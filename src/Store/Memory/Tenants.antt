-- ===== src/Store/Memory/Tenants.antt =====
-- Whose state the methods of internal/store/memory.go read and write: the separation of the tenants
-- rests on `deviceKey`.
use mcp_ironclaw.Prelude.{◌≡◌, sym, ◌≢◌, Option, none, ◌∷◌, ◌++◌, arith, ap, append_assoc}
use mcp_ironclaw.Go.Text.{Text, text_eq_iff, Lacks, split_first}
use mcp_ironclaw.Go.Map.{string_eq}
use mcp_ironclaw.Domain.Errors.{Error, ok}
use mcp_ironclaw.Domain.Key.{AggregateWindow}
use mcp_ironclaw.Store.Memory.{Memory, apply_window, reset_device, device_state, device_key}
use mcp_ironclaw.Store.Memory.Devices.{
  find-apply_window, find-reset_device, fold_in, record_or_new, key_of_window,
}

-- Among users whose identifiers hold no closing brace, a device key determines user and device.
pub device_key-injective :
    (u u' d d' : Text)
    → Lacks b'}' u
    → Lacks b'}' u'
    → device_key u d ≡ device_key u' d'
    → (u ≡ u') × (d ≡ d')
unfolding device_key
device_key-injective u u' d d' h h' e =
    let (p, q) = split_first b'}' u u' (b':' ∷ d) (b':' ∷ d') h h' (cc) in (p, cc)

-- When no user's identifier holds a closing brace, applying a window and resetting its device leave
-- the state that is read of every other device, of that user or another, as it was.
pub tenants_separate :
    (ctx : Option Error) (w : AggregateWindow) (u d : Text) (m : Memory)
    → Lacks b'}' u
    → Lacks b'}' w.user_id
    → (w.user_id ≡ u → w.device_id ≢ d)
    → (device_state ctx u d (apply_window none w m).0 ≡ device_state ctx u d m)
      × (device_state ctx u d (reset_device none w.user_id w.device_id m).0
          ≡ device_state ctx u d m)
unfolding device_state
tenants_separate ctx w u d m h h' other =
    let differs = device_key-injective w.user_id u w.device_id d h' h in
    (
      ground (
        arith,
        find-apply_window w m (device_key u d),
        text_eq_iff (key_of_window w) (device_key u d),
      ),
      ground (
        arith,
        find-reset_device w.user_id w.device_id m (device_key u d),
        text_eq_iff (key_of_window w) (device_key u d),
      ),
    )

-- Two keys that differ in user and device can be the same text.
device_key_collides :
    (u d x : Text) → device_key u (d ++ b'}' ∷ b':' ∷ x) ≡ device_key (u ++ b'}' ∷ b':' ∷ d) x
unfolding device_key
device_key_collides u d x =
    ap (λ t. b'{' ∷ t) (sym (append_assoc u (b'}' ∷ b':' ∷ d) (b'}' ∷ b':' ∷ x)))

-- Without that condition two tenants share their state: a window of the user `u` for a device named
-- `d}:x` is what a read of the device `x` of the user `u}:d` returns.
pub tenants_share_state :
    (w : AggregateWindow) (u d x : Text) (m : Memory)
    → w.user_id ≡ u
    → w.device_id ≡ d ++ b'}' ∷ b':' ∷ x
    → device_state none (u ++ b'}' ∷ b':' ∷ d) x (apply_window none w m).0
      ≡ ok (fold_in w (record_or_new w m)).state
unfolding device_state
tenants_share_state w u d x m eu ed =
    let collide = device_key_collides u d x in
    let shared = u ++ b'}' ∷ b':' ∷ d in
    ground (
      arith,
      find-apply_window w m (device_key shared x),
      text_eq_iff (key_of_window w) (device_key shared x),
      ap (λ v. device_key v w.device_id) eu,
      ap (device_key u) ed,
    )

=== Instructions for the task ===
In the entries above, find each line with "AggregateWindow" and copy it.

=== The completed task ===
use mcp_ironclaw.Domain.Key.{AggregateWindow}
    (ctx : Option Error) (w : AggregateWindow) (u d : Text) (m : Memory)
    (w : AggregateWindow) (u d x : Text) (m : Memory)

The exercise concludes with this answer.